Runtime integration between OMNeT++ simulation and Python ML model

I’m working on a network simulation project using OMNeT++ version 4.6 with the INET framework. My setup involves a machine learning model developed in Python that needs to interact with the simulation while it’s running.

The workflow is like this: my OMNeT++ simulation collects network metrics including signal quality measurements and mobile device positions. This information needs to be passed to my Python ML model for processing. The Python side then calculates optimization parameters to improve network performance and sends these back to the simulation.

What I need help with is establishing this bidirectional communication between the running OMNeT++ process and the Python application. Both need to exchange data continuously during simulation execution. Has anyone implemented something similar or know what approach works best for this kind of inter-process communication?

Had the same problem two years back with a cognitive radio simulation that needed real-time ML feedback. Tried a bunch of approaches but named pipes worked best. Way lower latency than sockets, which was huge for keeping simulation timing accurate.

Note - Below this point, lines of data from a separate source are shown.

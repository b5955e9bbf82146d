-- ===== src/Demo/Handshake/Establish.antt =====
-- presidium-demo/src/session.rs: a handshake from the bundle to both sessions.
use presidium.Base.{sym, ap, ℕ, ◌≡◌, refl, Bool, true, false, none, some, [], ok, length, arith}
use presidium.Crypto.Constants.{Bytes}
use presidium.Crypto.Primitives.{
  Primitives, PrimitiveLaws, Signatures, SignatureLaws, Kem, KemLaws, Json, JsonLaws,
}
use presidium.Crypto.Ratchet.{DoubleRatchet}
use presidium.Crypto.Ratchet.Messages.{dh_ratchet}
use presidium.Crypto.Keys.Sessions.{session_agreement}
use presidium.Crypto.Identity.{
  IdentityKeyPair, IdentityPublicKey, HybridKemPrivateKey, PreKeyBundle, public, public_key,
  generate_kem,
}
use presidium.Crypto.Identity.Prekeys.{verify_bundle}
use presidium.Crypto.Keys.{SessionKeys, new_session, to_ratchet}
use presidium.Crypto.Pqxdh.{PqxdhOutput, PqxdhPrekeyMessage, pqxdh_initiator, pqxdh_responder}
use presidium.Crypto.Pqxdh.Legs.{held}
use presidium.Crypto.Pqxdh.Agreement.{pqxdh_responder-pqxdh_initiator}
use presidium.Demo.Session.{ChatSession, build_initiator_session, build_responder_session}
use presidium.Demo.Handshake.{
  PrekeyMaterial, InitiatorHandshake, ResponderHandshake, Draws, private_key, signed_prekey,
  to_bundle, start_session, answer_prekey, on_prekey, establish,
}

abbrev pub ephemeral_of : Bytes → Bytes → HybridKemPrivateKey
ephemeral_of classical_secret pq_seed = record { classical = classical_secret; pq = pq_seed }

abbrev pub private_of : PrekeyMaterial → HybridKemPrivateKey
private_of material = record { classical = material.private_classical; pq = material.private_pq }

abbrev chat_of :
    Bytes → IdentityPublicKey → Bool → DoubleRatchet → SessionKeys IdentityPublicKey → ChatSession
chat_of conversation peer is_initiator ratchet keys = record {
  conversation_id = conversation;
  peer_identity = peer;
  is_initiator = is_initiator;
  ratchet = ratchet;
  session_keys = keys;
}

abbrev pub initiator_of : IdentityKeyPair → Bytes → InitiatorHandshake
initiator_of identity device = record {
  identity = identity;
  device_id = device;
  peer_identity = none;
  pending = none;
}

abbrev pub responder_of : IdentityKeyPair → PrekeyMaterial → ResponderHandshake
responder_of identity material = record {
  identity = identity;
  prekey = material;
  peer_identity = none;
}

abbrev pub draws_of : Bytes → Bytes → (ℕ → Bytes) → Draws
draws_of secret seed leg = record { classical_secret = secret; pq_seed = some seed; leg = leg }

abbrev started_of : InitiatorHandshake → IdentityPublicKey → PqxdhOutput → InitiatorHandshake
started_of hs peer output = record hs { peer_identity = some peer; pending = some output }

module _ ⦃p : Primitives⦄ ⦃s : Signatures⦄ ⦃k : Kem⦄ ⦃message_json : Json PqxdhPrekeyMessage⦄
    (laws : PrimitiveLaws p) (sig_laws : SignatureLaws s) (kem_laws : KemLaws k)
    (json_laws : JsonLaws message_json) where
  start_lem :
      (alice : IdentityKeyPair) (device secret seed : Bytes) (leg : ℕ → Bytes)
      (bundle : PreKeyBundle) (output : PqxdhOutput) (message : PqxdhPrekeyMessage)
      → verify_bundle bundle ≡ ok tt
      → pqxdh_initiator leg
          (record { identity = alice; ephemeral = ephemeral_of secret seed; peer_bundle = bundle })
        ≡ ok (output, message)
      → start_session (initiator_of alice device) (draws_of secret seed leg) bundle
        ≡ (started_of (initiator_of alice device) bundle.identity_key output, ok message)
  unfolding start_session generate_kem
  start_lem alice device secret seed leg bundle output message verified started =
      rw (start_session, verified, started)

  answer_lem :
      (bob : IdentityKeyPair) (material : PrekeyMaterial) (b conversation : Bytes)
      (output : PqxdhOutput) (message : PqxdhPrekeyMessage) (keys : SessionKeys IdentityPublicKey)
      (ratchet : DoubleRatchet)
      → length material.private_pq ≡ 64
      → pqxdh_responder (held bob (private_of material) material.key_id none) message ≡ ok output
      → new_session false output.shared_secret message.identity_public ≡ ok keys
      → to_ratchet keys b none ≡ ok ratchet
      → on_prekey (responder_of bob material) b (json_laws.text message) conversation ≡ (
        record (responder_of bob material) { peer_identity = some message.identity_public },
        ok (p.x25519_public b, chat_of conversation message.identity_public false ratchet keys),
      )
  unfolding on_prekey answer_prekey private_key build_responder_session
  answer_lem bob material b conversation output message keys ratchet sized answered made rebuilt =
      ground (arith, sized, json_laws.from_slice_text message, answered, made, rebuilt)

  establish_lem :
      (hs : InitiatorHandshake) (a key : Bytes) (output : PqxdhOutput) (peer : IdentityPublicKey)
      (keys : SessionKeys IdentityPublicKey) (ratchet : DoubleRatchet)
      → hs.pending ≡ some output
      → hs.peer_identity ≡ some peer
      → length key ≡ 32
      → new_session true output.shared_secret peer ≡ ok keys
      → to_ratchet keys a (some key) ≡ ok ratchet
      → (establish hs a key).1 ≡ ok (chat_of hs.device_id peer true ratchet keys)
  unfolding establish build_initiator_session
  establish_lem hs a key output peer keys ratchet pending known width made rebuilt =
      ground (arith, pending, known, width, made, rebuilt)

  -- A handshake in which nothing is lost: the responder's bundle is accepted by the initiator, whose
  -- prekey message the responder answers with a session and a ratchet key of 32 bytes, and this key
  -- establishes the initiator's session. Each session knows the other side's identity, both have the
  -- same session root key, and once the responder has taken the initiator's ratchet key the chain
  -- that it receives on is the one that the initiator sends on.
  pub establish-on_prekey :
      (alice bob : IdentityKeyPair) (material : PrekeyMaterial)
      (secret seed a b device conversation : Bytes) (leg : ℕ → Bytes)
      → length material.private_pq ≡ 64
      → material.public_key ≡ public_key (private_of material)
      → length (p.x25519_public b) ≡ 32
      → (bundle : PreKeyBundle) × (alice' : InitiatorHandshake) × (message : PqxdhPrekeyMessage)
        × (bob' : ResponderHandshake) × (alice_chat bob_chat : ChatSession)
        × (ratcheted : DoubleRatchet) × (to_bundle material bob ≡ ok bundle)
        × (start_session
              (record {
                identity = alice;
                device_id = device;
                peer_identity = none;
                pending = none;
              })
              (record { classical_secret = secret; pq_seed = some seed; leg = leg })
              bundle
            ≡ (alice', ok message))
        × (on_prekey
              (record { identity = bob; prekey = material; peer_identity = none })
              b
              (json_laws.text message)
              conversation
            ≡ (bob', ok (p.x25519_public b, bob_chat)))
        × ((establish alice' a (p.x25519_public b)).1 ≡ ok alice_chat)
        × (alice_chat.peer_identity ≡ public bob)
        × (bob_chat.peer_identity ≡ public alice)
        × (alice_chat.session_keys.root_key ≡ bob_chat.session_keys.root_key)
        × (dh_ratchet bob_chat.ratchet (p.x25519_public a) ≡ (ratcheted, ok tt))
        × (ratcheted.receiving_chain.chain_key ≡ alice_chat.ratchet.sending_chain.chain_key)
  unfolding to_bundle signed_prekey
  establish-on_prekey alice bob material secret seed a b device conversation leg sized keyed width =
      let (bundle, output, message, made, started, answered, _, _, from_alice, from_bob, verified) =
        pqxdh_responder-pqxdh_initiator laws sig_laws kem_laws leg alice bob
          (ephemeral_of secret seed) (private_of material) none [] (signed_prekey material) keyed in
      let (
        keys_a, keys_b, ratchet_a, ratchet_b, ratcheted, made_a, made_b, same, made_ra, made_rb,
        taken, _, chain, _,
      ) =
        session_agreement laws output.shared_secret a b message.identity_public
          bundle.identity_key in
      let hs : InitiatorHandshake = initiator_of alice device in
      (
        bundle,
        started_of hs bundle.identity_key output,
        message,
        record (responder_of bob material) { peer_identity = some message.identity_public },
        chat_of device bundle.identity_key true ratchet_a keys_a,
        chat_of conversation message.identity_public false ratchet_b keys_b,
        ratcheted,
        rw made,
        start_lem alice device secret seed leg bundle output message verified started,
        answer_lem bob material b conversation output message keys_b ratchet_b sized answered made_b
            made_rb,
        establish_lem (started_of hs bundle.identity_key output) a (p.x25519_public b) output
            bundle.identity_key keys_a ratchet_a refl refl width made_a made_ra,
        from_bob,
        from_alice,
        sym (ap (λ (keys : SessionKeys IdentityPublicKey). keys.root_key) same),
        taken,
        chain,
      )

Set up two named pipes - one for OMNeT++ to send data to Python, another for Python to send optimization parameters back. OMNeT++ writes serialized data packets with your metrics, Python reads from its input pipe and writes results to the output pipe. Just make sure you handle serialization right - binary data’s way more efficient than text when you’re dealing with continuous streams. The tricky part is timing sync between simulation and ML processing. I added a simple acknowledgment mechanism so Python finishes its calculations before the simulation moves to the next step. Keeps the simulation from getting ahead of the ML optimization.